Where a line of the listing below includes the word "called", reproduce that line.

________________________________________

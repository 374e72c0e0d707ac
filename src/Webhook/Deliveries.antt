-- ===== src/Webhook/Deliveries.antt =====
-- `WebhookHandler.handle`: what a delivery leaves in the cache of deliveries, and the same delivery
-- again.
use oh_my_github_runner.Prelude.{
  ℕ, ◌+◌, ◌<◌, String, ◌≡◌, ◌≢◌, refl, ap, ◌∙◌, by_test, is, text_discrete, Bool, true, false, not,
  some, arith,
}
use oh_my_github_runner.Prelude.Action.{Result}
use oh_my_github_runner.Commands.{Text}
use oh_my_github_runner.DeliveryDedup.{mark_seen}
use oh_my_github_runner.DeliveryDedup.Window.{mark_seen-again}
use oh_my_github_runner.Webhook.{
  WebhookHandler, World, Headers, WebhookHandlerResult, handle, already_seen, read_header, or_dash,
  reply,
}
use oh_my_github_runner.Webhook.Admission.{Untouched, already_seen-Untouched, is_signed}
use oh_my_github_runner.Webhook.Effects.{handle_json-Modest}

module _ (h : WebhookHandler) where
  module _ (raw_body : Text) (headers : Headers) (signed : is_signed h raw_body headers ≡ true)
      (id : String) (named : read_header headers.delivery ≡ some id) (known : id ≢ "-") where
    seen_marks :
        (now : ℕ) (w : World)
        → already_seen h (or_dash (read_header headers.delivery)) now w ≡ (
          (mark_seen id now w.delivery_dedup).0,
          record w { delivery_dedup = (mark_seen id now w.delivery_dedup).1 },
        )
    unfolding already_seen
    seen_marks now w = rw named (
        by_test
          (λ (r : Bool × World). r ≡ (
            (mark_seen id now w.delivery_dedup).0,
            record w { delivery_dedup = (mark_seen id now w.delivery_dedup).1 },
          ))
          (is (text_discrete id "-")) (λ dash. ground (arith, dash, known)) (λ _. refl))

    -- Whatever comes of a signed delivery with an id, the id is marked.
    handle_marks :
        (task_id : String) (now : ℕ) (w : World)
        → (handle h raw_body headers task_id now w).1.delivery_dedup
          ≡ (mark_seen id now w.delivery_dedup).1
    unfolding handle
    handle_marks task_id now w =
        by_test Marked (not (is_signed h raw_body headers)) (λ no_match. ground (arith, signed))
          λ _.
            by_test Marked seen.0 (λ _. marked)
              λ _.
                by_test Marked (is (text_discrete event_name "-")) (λ _. marked)
                  λ _.
                    (handle_json-Modest h (h.parse_json raw_body) event_name task_id now
                      seen.1).same_seen
                    ∙ marked
      where
        Marked : Result WebhookHandlerResult × World → Type 0
        Marked r = r.1.delivery_dedup ≡ (mark_seen id now w.delivery_dedup).1

        event_name : String
        event_name = or_dash (read_header headers.event)

        seen : Bool × World
        seen = already_seen h (or_dash (read_header headers.delivery)) now w

        marked : seen.1.delivery_dedup ≡ (mark_seen id now w.delivery_dedup).1
        marked = ap (λ r. r.1.delivery_dedup) (seen_marks now w)

    handle_duplicate :
        (task_id : String) (now : ℕ) (w : World)
        → (mark_seen id now w.delivery_dedup).0 ≡ true
        → ((handle h raw_body headers task_id now w).0 ≡ reply 200 "duplicate")
          × Untouched w (handle h raw_body headers task_id now w).1
    unfolding handle
    handle_duplicate task_id now w again =
        by_test Dropped (not (is_signed h raw_body headers)) (λ no_match. ground (arith, signed))
          λ _.
            by_test Dropped seen.0 (λ _. (refl, already_seen-Untouched h _ now w))
              λ first. absurd (ground (arith, first, again, seen_marks now w))
      where
        Dropped : Result WebhookHandlerResult × World → Type 0
        Dropped r = (r.0 ≡ reply 200 "duplicate") × Untouched w r.1

        seen : Bool × World
        seen = already_seen h (or_dash (read_header headers.delivery)) now w

    -- A signed delivery with an id, again while the id is remembered, is answered as a duplicate,
    -- leaves the queue as it is and sends nothing to GitHub, whatever came of the first time: in a
    -- cache with room for an entry, and for an id that was not remembered before.
    pub handle_once :
        (task_id task_id_again : String) (now later : ℕ) (w : World)
        → 0 < w.delivery_dedup.max_entries
        → (mark_seen id now w.delivery_dedup).0 ≡ false
        → later < now + w.delivery_dedup.ttl_ms
        → let w' = (handle h raw_body headers task_id now w).1 in
          ((handle h raw_body headers task_id_again later w').0 ≡ reply 200 "duplicate")
          × Untouched w' (handle h raw_body headers task_id_again later w').1
    handle_once task_id task_id_again now later w room first soon =
        handle_duplicate task_id_again later (handle h raw_body headers task_id now w).1 (
          ap (λ c. (mark_seen id later c).0) (handle_marks task_id now w)
          ∙ mark_seen-again id now later w.delivery_dedup room first soon)
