-- ===== src/Webhook/Tasks.antt =====
-- `WebhookHandler.handle`: the task that a delivery leads to.
use oh_my_github_runner.Prelude.{
  ℕ, String, ◌≡◌, ◌≢◌, refl, sym, subst, text_discrete, true, false, none, some, List, [], ◌∷◌,
  ◌++◌, arith, ite, ap, ◌∙◌, inl, inr, Option, map, append_assoc, All, drop, length, if◌then◌else◌,
}
use oh_my_github_runner.Prelude.Action.{Result, ok}
use oh_my_github_runner.Task.{TaskStatus, QueueTaskInput, TaskRecord, StickyCommentRef, queued}
use oh_my_github_runner.Strategies.{StrategyPolicies, get_strategy, supersedes}
use oh_my_github_runner.Queue.{Store, find}
use oh_my_github_runner.Queue.Consistency.{Consistent, view}
use oh_my_github_runner.Queue.Listing as Listing
use oh_my_github_runner.Enqueue.{enqueue}
use oh_my_github_runner.Enqueue.Stores.{policy, replaced_record}
use oh_my_github_runner.Enqueue.Supersede.{enqueue-view}
use oh_my_github_runner.Enqueue.Told.{enqueue-AfterInsert, IsReplaced, names}
use oh_my_github_runner.Queue.Transitions.{replaced}
use oh_my_github_runner.Queue.Fifo.{view-enqueue}
use oh_my_github_runner.Daemon.{Daemon, Notice, on_superseded}
use oh_my_github_runner.Webhook.Effects.{Asked, event-Reads}
use oh_my_github_runner.Webhook.Admission.{already_seen-Untouched}
use oh_my_github_runner.RateLimit.{StateFile}
use oh_my_github_runner.Commands.{Text}
use oh_my_github_runner.Signature.{verify_hub_signature}
use oh_my_github_runner.Dispatch.{DispatchedEvent, EnqueueRequest, dispatch, enqueue_action}
use oh_my_github_runner.Payload.{Json, to_dispatched_event}
use oh_my_github_runner.Webhook.{
  WebhookHandler, World, Headers, WebhookHandlerResult, handle, handle_json, handle_event,
  already_seen, read_header, or_dash, execute_action, answered, action_kind, execute_enqueue,
  enqueued, try_add_reaction, post_sticky, reply, GithubCall, add_reaction, post_issue_comment,
  eyes, queued_body, sticky_meta, task_input, notifications_of, reaction_ref, sticky_ref, target_of,
  location_number, called, tell, tell_each, sticky_of, update_issue_comment, superseded_body,
  ask_pull_request_state,
}

append-nil_lem : {A : Type 0} (xs : List A) → xs ++ [] ≡ xs
append-nil_lem [] = refl
append-nil_lem (x ∷ xs) = ap (λ r. x ∷ r) (append-nil_lem xs)

drop-append : {A : Type 0} (xs ys : List A) → drop (length xs) (xs ++ ys) ≡ ys
drop-append [] ys = refl
drop-append (x ∷ xs) ys = drop-append xs ys

module _ (h : WebhookHandler) (r : EnqueueRequest) (policies : StrategyPolicies) (task_id : String)
    (w : World) where
  -- The calls of a request: the reaction, then the comment.
  abbrev pub reacted : List GithubCall
  reacted = w.calls ++ add_reaction r.repo (target_of r.trigger) eyes ∷ []

  abbrev pub posted_calls : List GithubCall
  posted_calls =
      reacted
      ++ post_issue_comment r.repo (location_number r.trigger)
          (queued_body (sticky_meta h r task_id policies))
        ∷ []

  -- The task of a request: it refers to the reaction and to the comment, each if GitHub gave an id.
  abbrev pub requested : QueueTaskInput
  requested = task_input h r task_id (
      notifications_of
        (sticky_ref r.repo (location_number r.trigger) (h.github.comment_id posted_calls))
        (reaction_ref (target_of r.trigger) (h.github.reaction_id reacted)))

  abbrev pub edit_of : Option StickyCommentRef → TaskRecord → List GithubCall
  edit_of none t = []
  edit_of (some s) t = update_issue_comment s.repo s.comment_id (superseded_body t task_id) ∷ []

  -- The edits of the comments of the tasks that are replaced, each if there is one.
  abbrev pub edits_of : List TaskRecord → List GithubCall
  edits_of [] = []
  edits_of (t ∷ ts) = edit_of (sticky_of t.notifications) t ++ edits_of ts

  abbrev pub new : ℕ → TaskRecord
  new now = (Listing.enqueue requested task_id now w.daemon.store).0

  -- The new task is in the queue, and the tasks that it supersedes are replaced. The calls are the
  -- reaction, the comment, and an edit for each task that is told of its replacement: these are the
  -- tasks whose records were replaced.
  pub record Queued (now : ℕ) (res : Result WebhookHandlerResult × World) : Type 0 where
    pub told : List TaskRecord
    pub is_answered : res.0 ≡ reply 200 "enqueue"
    pub are_calls : res.1.calls ≡ posted_calls ++ edits_of told
    pub are_replaced :
        All
          (λ t.
            (u : TaskRecord) × (u.status ≡ queued)
            × (t ≡ replaced now task_id u)
            × (ite
                  (text_discrete task_id t.task_id)
                  (some (new now))
                  (view w.daemon.store t.task_id)
                ≡ some u))
          told
    pub is_view :
        (j : String)
        → view res.1.daemon.store j
          ≡ ite
              (text_discrete task_id j)
              (some (new now))
              (policy requested task_id now (view w.daemon.store j))
    pub is_told :
        (j : String)
        → view res.1.daemon.store j ≡ (
            let before = ite (text_discrete task_id j) (some (new now)) (view w.daemon.store j) in
            if names told j then replaced_record now task_id before else before)

  tell-Told :
      (sticky : Option StickyCommentRef) (t : TaskRecord) (v : World)
      → ((tell h sticky t task_id v).calls ≡ v.calls ++ edit_of sticky t)
        × ((tell h sticky t task_id v).daemon.store ≡ v.daemon.store)
  unfolding called
  tell-Told none t v = (sym (append-nil_lem v.calls), refl)
  tell-Told (some s) t v = (refl, refl)

  abbrev notice_of : TaskRecord → Notice
  notice_of t = on_superseded t task_id

  tell_each-Told :
      (ts : List TaskRecord) (v : World)
      → ((tell_each h (map notice_of ts) v).calls ≡ v.calls ++ edits_of ts)
        × ((tell_each h (map notice_of ts) v).daemon.store ≡ v.daemon.store)
  unfolding tell_each
  tell_each-Told [] v = (sym (append-nil_lem v.calls), refl)
  tell_each-Told (t ∷ ts) v =
      let (calls, store) = tell-Told (sticky_of t.notifications) t v in
      let (calls', store') = tell_each-Told ts (tell h (sticky_of t.notifications) t task_id v) in
      (
        calls'
            ∙ ap (λ c. c ++ edits_of ts) calls
            ∙ append_assoc v.calls (edit_of (sticky_of t.notifications) t) (edits_of ts),
        store' ∙ store,
      )

  -- The world when the enqueue begins.
  ready : World
  ready =
      called h
        (post_issue_comment r.repo (location_number r.trigger)
          (queued_body (sticky_meta h r task_id policies)))
        (called h (add_reaction r.repo (target_of r.trigger) eyes) w)

  module _ (now : ℕ) (c : Consistent w.daemon.store)
      (fresh : (at : TaskStatus) → find at task_id w.daemon.store ≡ none)
      (known : get_strategy r.instruction_id ≡ some policies)
      (on : supersedes (some policies) ≡ true) where
    module _ (sticky : Option StickyCommentRef) (pauses : StateFile) where
      abbrev told_by : Daemon
      told_by = record w.daemon { pauses = pauses }

      abbrev ended : Result TaskRecord × Daemon
      ended = enqueue requested task_id now told_by

      -- The world before the notices are told.
      abbrev stored : World
      stored = record w { calls = posted_calls; daemon = ended.1 }

      abbrev Ends : Result TaskRecord → List Notice → Type 0
      Ends result notices =
          Queued now
            (answered h "enqueue" (enqueued h task_id sticky result (tell_each h notices stored)))

      replaced_before :
          (s : Store) (ts : List TaskRecord)
          → ((j : String)
              → view s j ≡ view (Listing.enqueue requested task_id now w.daemon.store).1 j)
          → All (IsReplaced task_id now s) ts
          → All
              (λ t.
                (u : TaskRecord) × (u.status ≡ queued)
                × (t ≡ replaced now task_id u)
                × (ite
                      (text_discrete task_id t.task_id)
                      (some (new now))
                      (view w.daemon.store t.task_id)
                    ≡ some u))
              ts
      replaced_before s [] same h = tt
      replaced_before s (t ∷ ts) same ((u, v, q, e), h) = (
        (
          u,
          q,
          e,
          sym (view-enqueue requested task_id now w.daemon.store c fresh t.task_id).1
              ∙ sym (same t.task_id)
              ∙ v,
        ),
        replaced_before s ts same h,
      )

      ended-Queued : Ends ended.0 (drop (length told_by.notices) ended.1.notices)
      ended-Queued =
          let (s, same, told) =
            enqueue-AfterInsert requested task_id now told_by c fresh policies known in
          let supersedes_on : supersedes (get_strategy requested.instruction_id) ≡ true =
            ap supersedes known ∙ on in
          let views =
            λ (j : String). enqueue-view requested task_id now told_by c fresh supersedes_on j in
          subst (λ n. Ends ended.0 n)
            (sym
              (ap (drop (length told_by.notices)) told.are_notices ∙ drop-append told_by.notices _))
            (subst (λ res. Ends res (map notice_of told.told)) (sym (views "").0)
              (record {
                told = told.told;
                is_answered = refl;
                are_calls = (tell_each-Told told.told stored).0;
                are_replaced = replaced_before s told.told same told.are_replaced;
                is_view =
                    λ j. ap (λ st. view st j) (tell_each-Told told.told stored).1 ∙ (views j).1;
                is_told = λ j.
                    ap (λ st. view st j) (tell_each-Told told.told stored).1
                    ∙ told.is_view j
                    ∙ ap (λ o. if names told.told j then replaced_record now task_id o else o)
                        (same j ∙ (view-enqueue requested task_id now w.daemon.store c fresh j).1);
              }))

    execute_enqueue-Queued :
        Queued now (answered h "enqueue" (execute_enqueue h r policies task_id now w))
    unfolding execute_enqueue try_add_reaction post_sticky ready called
    execute_enqueue-Queued = ended-Queued _ ready.daemon.pauses

abbrev pub seen_world : WebhookHandler → Headers → ℕ → World → World
seen_world h headers now w = (already_seen h (or_dash (read_header headers.delivery)) now w).1

module _ (h : WebhookHandler) (raw_body : Text) (headers : Headers) (json : Json)
    (event_name : String) (event : DispatchedEvent) (now : ℕ) (w w' : World)
    (signed : verify_hub_signature h.hmac h.secret raw_body (read_header headers.signature) ≡ true)
    (has_name : read_header headers.event ≡ some event_name) (no_dash : event_name ≢ "-")
    (has_json : h.parse_json raw_body ≡ some json)
    (has_event : to_dispatched_event
        (ask_pull_request_state h)
        event_name
        json
        (seen_world h headers now w)
      ≡ (ok (some event), w')) where
  -- A signed delivery that is not a duplicate gets to the action of its event.
  handle_action :
      (task_id : String)
      → (already_seen h (or_dash (read_header headers.delivery)) now w).0 ≡ false
      → handle h raw_body headers task_id now w
        ≡ answered h
            (action_kind h (dispatch h.dispatcher event))
            (execute_action h (dispatch h.dispatcher event) task_id now w')
  unfolding handle handle_json handle_event
  handle_action task_id first =
      rw (signed, first, has_name, has_json, has_event) (ground (arith, no_dash))

  same_queue : w'.daemon.store ≡ w.daemon.store
  unfolding called
  same_queue =
      elim (subst (λ x. Asked h (seen_world h headers now w) x.1) has_event
        (event-Reads h event_name json (seen_world h headers now w))) [
          | inl e ↦
              ap (λ x. x.daemon.store) e ∙ ap (λ d. d.store) (already_seen-Untouched h _ now w).0
          | inr (repo, number, e) ↦
              ap (λ x. x.daemon.store) e ∙ ap (λ d. d.store) (already_seen-Untouched h _ now w).0
        ]

  -- A signed delivery that is not a duplicate, whose event leads to a request for an instruction
  -- that supersedes, is answered with `enqueue`. After the reading of the event, which may ask for
  -- the state of a pull request, it sends the reaction and the comment, in that order, and queues the
  -- task of the request, which refers to each of the two that GitHub gave an id, whether or not the
  -- other failed. The queued tasks that the policy names are replaced by it, and all others stay. The
  -- tasks whose records were replaced are told of it: the comment of each is edited, if it has one,
  -- and nothing else is sent. The queue is consistent and has no file under the new id.
  pub handle_enqueues :
      (r : EnqueueRequest) (policies : StrategyPolicies)
      → dispatch h.dispatcher event ≡ enqueue_action r
      → get_strategy r.instruction_id ≡ some policies
      → supersedes (some policies) ≡ true
      → (task_id : String)
      → (already_seen h (or_dash (read_header headers.delivery)) now w).0 ≡ false
      → Consistent w.daemon.store
      → ((at : TaskStatus) → find at task_id w.daemon.store ≡ none)
      → Queued h r policies task_id w' now (handle h raw_body headers task_id now w)
  unfolding execute_action
  handle_enqueues r policies leads known on task_id first c fresh =
      subst (Queued h r policies task_id w' now) (sym (handle_action task_id first)) (
        rw (leads, known, execute_action)
          (execute_enqueue-Queued h r policies task_id w' now (subst Consistent (sym same_queue) c)
            (λ at. ap (find at task_id) same_queue ∙ fresh at) known on))
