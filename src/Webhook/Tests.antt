-- ===== src/Webhook/Tests.antt =====
-- Runs of the webhook handler.
use oh_my_github_runner.Prelude.{
  String, ◌≡◌, ◌≢◌, refl, none, some, true, false, [], arith, text_discrete, includes,
}
use oh_my_github_runner.Prelude.Assoc.{lookup}
use oh_my_github_runner.Prelude.Action.{ok}
use oh_my_github_runner.Commands.{starts_with, same_text}
use oh_my_github_runner.Strategies.{issue_response, get_strategy}
use oh_my_github_runner.Queue.Samples.{one-Consistent, fresh_again}
use oh_my_github_runner.Task.{issue}
use oh_my_github_runner.Task.Samples.{sample_repo}
use oh_my_github_runner.DeliveryDedup.{mark_seen, evict_expired}
use oh_my_github_runner.Dispatch.{
  dispatch, dispatch_issue_opened, resolve_instruction_id, EnqueueRequest, opened_event, at_issue,
}
use oh_my_github_runner.Payload.{
  Payload, object, to_dispatched_event, issues_event, issue_comment_payload,
}
use oh_my_github_runner.Signature.{verify_hub_signature, from_hex}
use oh_my_github_runner.Webhook.{
  handle, already_seen, reply, WebhookHandler, Headers, single, called,
}
use oh_my_github_runner.Webhook.Samples.{payload, handler, headers, world}
use oh_my_github_runner.Webhook.Admission.{Untouched, handle_admitted_only, AtMostAsked, is_signed}
use oh_my_github_runner.Webhook.Deliveries.{handle_once}
use oh_my_github_runner.Webhook.Tasks.{Queued, handle_enqueues, seen_world}

-- A signed comment on a pull request, of a sender outside the allow list.
abbrev comment_payload : Payload
comment_payload = record payload {
  action = some "created";
  sender = some (record { id = 6; login = "eve" });
  issue = some (record { number = 7; labels = none; has_pull_request = true });
  comment = some (record { id = 9; body = [] });
}

abbrev answering : WebhookHandler
answering = record handler {
  parse_json = λ body. some (object comment_payload);
  github = record handler.github {
    pull_request_state = λ calls. ok (record {
      number = 7;
      is_fork = false;
      is_closed = false;
      merged = false;
      head_ref = none;
    });
  };
}

abbrev comment_headers : Headers
comment_headers = record headers { event = some (single "issue_comment") }

handle_admitted_only_example :
    AtMostAsked answering
      (is_signed answering [] comment_headers)
      world
      (handle answering [] comment_headers "t2" 150 world).1
unfolding verify_hub_signature from_hex starts_with same_text already_seen mark_seen evict_expired
    lookup to_dispatched_event issue_comment_payload text_discrete called includes
handle_admitted_only_example = handle_admitted_only answering [] comment_headers "t2" 150 world refl

no_dash : ◌≢◌ {A = String} "d1" "-"
unfolding text_discrete
no_dash e = cc

named : ◌≢◌ {A = String} "issues" "-"
unfolding text_discrete
named e = cc

handle_once_example :
    ((handle handler [] headers "t3" 200 (handle handler [] headers "t2" 150 world).1).0
      ≡ reply 200 "duplicate")
    × Untouched
        (handle handler [] headers "t2" 150 world).1
        (handle handler [] headers "t3" 200 (handle handler [] headers "t2" 150 world).1).1
unfolding verify_hub_signature from_hex starts_with same_text mark_seen evict_expired lookup
handle_once_example =
    handle_once handler [] headers refl "d1" refl no_dash "t2" "t3" 150 200 world (omega arith) refl
      (omega arith)

abbrev request : EnqueueRequest
request = record {
  instruction_id = "issue-initial-review";
  repo = sample_repo;
  source = record { kind = issue; number = 7 };
  additional_instructions = none;
  requested_by = "ann";
  trigger = at_issue 7;
}

handle_enqueues_example :
    Queued handler request issue_response "t2"
      (seen_world handler headers 150 world)
      150
      (handle handler [] headers "t2" 150 world)
unfolding verify_hub_signature from_hex starts_with same_text already_seen mark_seen evict_expired
    lookup to_dispatched_event issues_event dispatch dispatch_issue_opened resolve_instruction_id
    get_strategy text_discrete includes
handle_enqueues_example =
    handle_enqueues handler [] headers (object payload) "issues"
      (opened_event sample_repo 7 [] (record { id = 5; login = "ann" })) 150 world
      (seen_world handler headers 150 world) refl refl named refl refl request issue_response refl
      refl refl "t2" refl one-Consistent fresh_again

________________________________________

Output:
  location_number, called, tell, tell_each, sticky_of, update_issue_comment, superseded_body,
  unfolding called
      called h
        (called h (add_reaction r.repo (target_of r.trigger) eyes) w)
    unfolding execute_enqueue try_add_reaction post_sticky ready called
  unfolding called
  handle, already_seen, reply, WebhookHandler, Headers, single, called,
    lookup to_dispatched_event issue_comment_payload text_discrete called includes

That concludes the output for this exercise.